Hardware decoders make sense for fixed codecs like MPEG, but I can't see it making sense for small models that improve every 6 months.
K-V caches are large, but hidden states aren't necessarily that large. And if you can run a model once ridiculously fast, then you can loop it repeatedly and still be fast. So I wonder about the 'modern RNNs' like RWKV here...
There’s a bit of a hidden cost here… the longevity of GPU hardware is going to be longer, it’s extended every time there’s an algorithmic improvement. Whereas any efficiency gains in software that are not compatible with this hardware will tend to accelerate their depreciation.
There is nothing new here. This has been demonstrated several times by previous researchers:
https://arxiv.org/abs/2511.06174
https://arxiv.org/abs/2401.03868
For a real world use case, you would need an FPGA with terabytes of RAM. Perhaps it'll be a Off chip HBM. But for s large models, even that won't be enough. Then you would need to figure out NV-link like interconnect for these FPGAs. And we are back to square one.
This is new. You are citing FPGA prototypes. Those papers do not demonstrate the same class of scaling or hardware integration that Taalas is advocating. For one, the FPGA solutions typically use fixed multipliers (or lookup tables), the ASIC solution has more freedom to optimize routing for 4 bit multiplication.

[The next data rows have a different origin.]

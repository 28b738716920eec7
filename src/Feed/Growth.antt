-- ===== src/Feed/Growth.antt =====
-- How the tables of an incident may change: rows are added at the end, and of a row only some columns
-- change. The rules run through a handler, whether its queries are rejected or not.
pub mod Handlers
pub mod Steps
use tactix.Common.{
  ℕ, String, ◌≡◌, refl, sym, ◌∙◌, Bool, true, false, List, [], ◌∷◌, ◌++◌, Option, none, some,
  Bool-cases, inl, inr, if◌then◌else◌, ap,
}
use tactix.Action.{
  Action, Result, ok, err, query, notify, decided, announced, pure, throw, ◌>>=◌, continue,
}
use tactix.Feed.{
  MessageRow, ChatRow, TaskRow, Tables, Feed, Handler, Note, Rejection, submitted, update_where,
  select,
}

module _ {A : Type 0} (R : A → A → Type 0) where
  -- Every row is still there, changed as `R` allows; new rows stand behind.
  abbrev pub Extends : List A → List A → Type 0
  Extends [] ys = Unit
  Extends (x ∷ xs) [] = ⊥
  Extends (x ∷ xs) (y ∷ ys) = R x y × Extends xs ys

  pub Extends-refl : ((x : A) → R x x) → (xs : List A) → Extends xs xs
  Extends-refl r [] = tt
  Extends-refl r (x ∷ xs) = (r x, Extends-refl r xs)

  pub Extends-trans :
      ((x y z : A) → R x y → R y z → R x z)
      → (xs ys zs : List A) → Extends xs ys
      → Extends ys zs
      → Extends xs zs
  Extends-trans t [] ys zs h k = tt
  Extends-trans t (x ∷ xs) [] zs h k = absurd h
  Extends-trans t (x ∷ xs) (y ∷ ys) [] h k = absurd k
  Extends-trans t (x ∷ xs) (y ∷ ys) (z ∷ zs) (p, h) (q, k) =
      (t x y z p q, Extends-trans t xs ys zs h k)

  pub Extends-append : ((x : A) → R x x) → (xs ys : List A) → Extends xs (xs ++ ys)
  Extends-append r [] ys = tt
  Extends-append r (x ∷ xs) ys = (r x, Extends-append r xs ys)

  pub Extends-update :
      (test : A → Bool) (change : A → A)
      → ((x : A) → R x x)
      → ((x : A) → R x (change x))
      → (xs : List A) → Extends xs (update_where test change xs)
  unfolding update_where
  Extends-update test change r c [] = tt
  Extends-update test change r c (x ∷ xs) = elim (Bool-cases (test x)) [
    | inl hit ↦ rw (hit, update_where) (c x, Extends-update test change r c xs)
    | inr miss ↦ rw (miss, update_where) (r x, Extends-update test change r c xs)
  ]

-- A message keeps its author and its text, and stays submitted once it is.
pub record MessageEvolves (x y : MessageRow) : Type 0 where
  pub id : y.id ≡ x.id
  pub incident : y.incident_id ≡ x.incident_id
  pub author : y.author ≡ x.author
  pub content : y.content ≡ x.content
  pub since : y.created_at ≡ x.created_at
  pub status : x.status ≡ submitted → y.status ≡ submitted

-- A task keeps its role, its creator and its time of creation.
pub record TaskEvolves (x y : TaskRow) : Type 0 where
  pub id : y.task_id ≡ x.task_id
  pub incident : y.incident_id ≡ x.incident_id
  pub role : y.role ≡ x.role
  pub creator : y.created_by ≡ x.created_by
  pub since : y.created_at ≡ x.created_at

pub record Evolves (t u : Tables) : Type 0 where
  pub messages : Extends MessageEvolves t.messages u.messages
  pub chat : Extends (λ x y. y ≡ x) t.chat u.chat
  pub tasks : Extends TaskEvolves t.tasks u.tasks
  pub warlog : u.warlog ≡ t.warlog

pub MessageEvolves-refl : (x : MessageRow) → MessageEvolves x x
MessageEvolves-refl x = record {
  id = refl;
  incident = refl;
  author = refl;
  content = refl;
  since = refl;
  status = λ h. h;
}

MessageEvolves-trans :
    (x y z : MessageRow) → MessageEvolves x y → MessageEvolves y z → MessageEvolves x z
MessageEvolves-trans x y z p q = record {
  id = q.id ∙ p.id;
  incident = q.incident ∙ p.incident;
  author = q.author ∙ p.author;
  content = q.content ∙ p.content;
  since = q.since ∙ p.since;
  status = λ h. q.status (p.status h);
}

pub TaskEvolves-refl : (x : TaskRow) → TaskEvolves x x
TaskEvolves-refl x = record {
  id = refl;
  incident = refl;
  role = refl;
  creator = refl;
  since = refl;
}

TaskEvolves-trans : (x y z : TaskRow) → TaskEvolves x y → TaskEvolves y z → TaskEvolves x z
TaskEvolves-trans x y z p q = record {
  id = q.id ∙ p.id;
  incident = q.incident ∙ p.incident;
  role = q.role ∙ p.role;
  creator = q.creator ∙ p.creator;
  since = q.since ∙ p.since;
}

pub Evolves-refl : (t : Tables) → Evolves t t
Evolves-refl t = record {
  messages = Extends-refl MessageEvolves MessageEvolves-refl t.messages;
  chat = Extends-refl (λ x y. y ≡ x) (λ x. refl) t.chat;
  tasks = Extends-refl TaskEvolves TaskEvolves-refl t.tasks;
  warlog = refl;
}

pub Evolves-trans : (t u v : Tables) → Evolves t u → Evolves u v → Evolves t v
Evolves-trans t u v p q = record {
  messages =
      Extends-trans MessageEvolves MessageEvolves-trans t.messages u.messages v.messages p.messages
        q.messages;
  chat = Extends-trans (λ x y. y ≡ x) (λ x y z h k. k ∙ h) t.chat u.chat v.chat p.chat q.chat;
  tasks = Extends-trans TaskEvolves TaskEvolves-trans t.tasks u.tasks v.tasks p.tasks q.tasks;
  warlog = q.warlog ∙ p.warlog;
}

-- Whatever the handler answers, and also when it is rejected, its tables evolve.
pub record Grows {A : Type 0} (m : Handler A) : Type 0 where
  pub at : (s : Feed) → Evolves s.tables (m s).1.tables

module _ {A : Type 0} where
  pub Grows-pure : (a : A) → Grows (pure a)
  unfolding pure
  Grows-pure a = record { at = λ s. Evolves-refl s.tables }

  pub Grows-throw : (e : Rejection) → Grows {A = A} (throw e)
  unfolding throw
  Grows-throw e = record { at = λ s. Evolves-refl s.tables }

  pub Grows-query :
      (e : Rejection) (f : Tables → A × Tables)
      → ((t : Tables) → Evolves t (f t).1)
      → Grows (query e f)
  unfolding query
  Grows-query e f g = record { at = λ s. go s.faults s }
    where
      go : (l : List Bool) (s : Feed) → Evolves s.tables (decided l e f s).1.tables
      go [] s = g s.tables
      go (false ∷ l) s = g s.tables
      go (true ∷ l) s = Evolves-refl s.tables

pub Grows-notify : (note : Note) → Grows (notify note)
unfolding notify
Grows-notify note = record { at = λ s. go s.faults s }
  where
    go : (l : List Bool) (s : Feed) → Evolves s.tables (announced {E = Rejection} l note s).1.tables
    go [] s = Evolves-refl s.tables
    go (false ∷ l) s = Evolves-refl s.tables
    go (true ∷ l) s = Evolves-refl s.tables

module _ {A B : Type 0} where
  pub Grows-bind :
      (m : Handler A) (f : A → Handler B) → Grows m → ((a : A) → Grows (f a)) → Grows (m >>= f)
  unfolding ◌>>=◌
  Grows-bind m f g k = record {
    at = λ s. Evolves-trans s.tables (m s).1.tables _ (g.at s) (rest (m s).0 (m s).1);
  }
    where
      rest : (r : Result Rejection A) (s : Feed) → Evolves s.tables (continue r f s).1.tables
      rest (ok a) s = (k a).at s
      rest (err e) s = Evolves-refl s.tables

pub ruleset growth_rules = (Grows-pure, Grows-throw, Grows-notify, Grows-bind)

Maybe they can stack LLM parameters in 200 layers like 3D NAND flash and make the chip very small ...
Do not overlook traditional irrational investor exuberance, we've got an abundance of that right now. With the right PR manouveurs these guys could be a tulip craze.
This is insane if true - could be super useful for data extraction tasks. Sounds like we could be talking in the cents per millions of tokens range.
Yea its fast af but very quickly loses context/hallucinates from my own tests with large chunks of text
Doesn't the blog state that it's now 4bit (the first gen was 3bit + 6bit)?
Sounds perfect for use in consumer devices.
It's weird to me to train such huge models to then destroy them by using them a 3 bits quantization per presumably 16bits (bfloat16) weights. Why not just train smaller models then.
Low-latency inference is a huge waste of power; if you're going to the trouble of making an ASIC, it should be for dog-slow but very high throughput inference. Undervolt the devices as much as possible and use sub-threshold modes, multiple Vt and body biasing extensively to save further power and minimize leakage losses, but also keep working in fine-grained nodes to reduce areas and distances. The sensible goal is to expend the least possible energy per operation, even at increased latency.
Low latency inference is very useful in voice-to-voice applications. You say it is a waste of power but at least their claim is that it is 10x more efficient. We'll see but if it works out it will definitely find its applications.
This is not voice-to-voice though, end-to-end voice chat models (the Her UX) are completely different.
1 reply →
I think it's really useful for agent to agent communication, as long as context loading doesn't become a bottleneck. Right now there can be noticeable delays under the hood, but at these speeds we'll never have to worry about latency when chain calling hundreds or thousands of agents in a network (I'm presuming this is going to take off in the future). Correct me if I'm wrong though.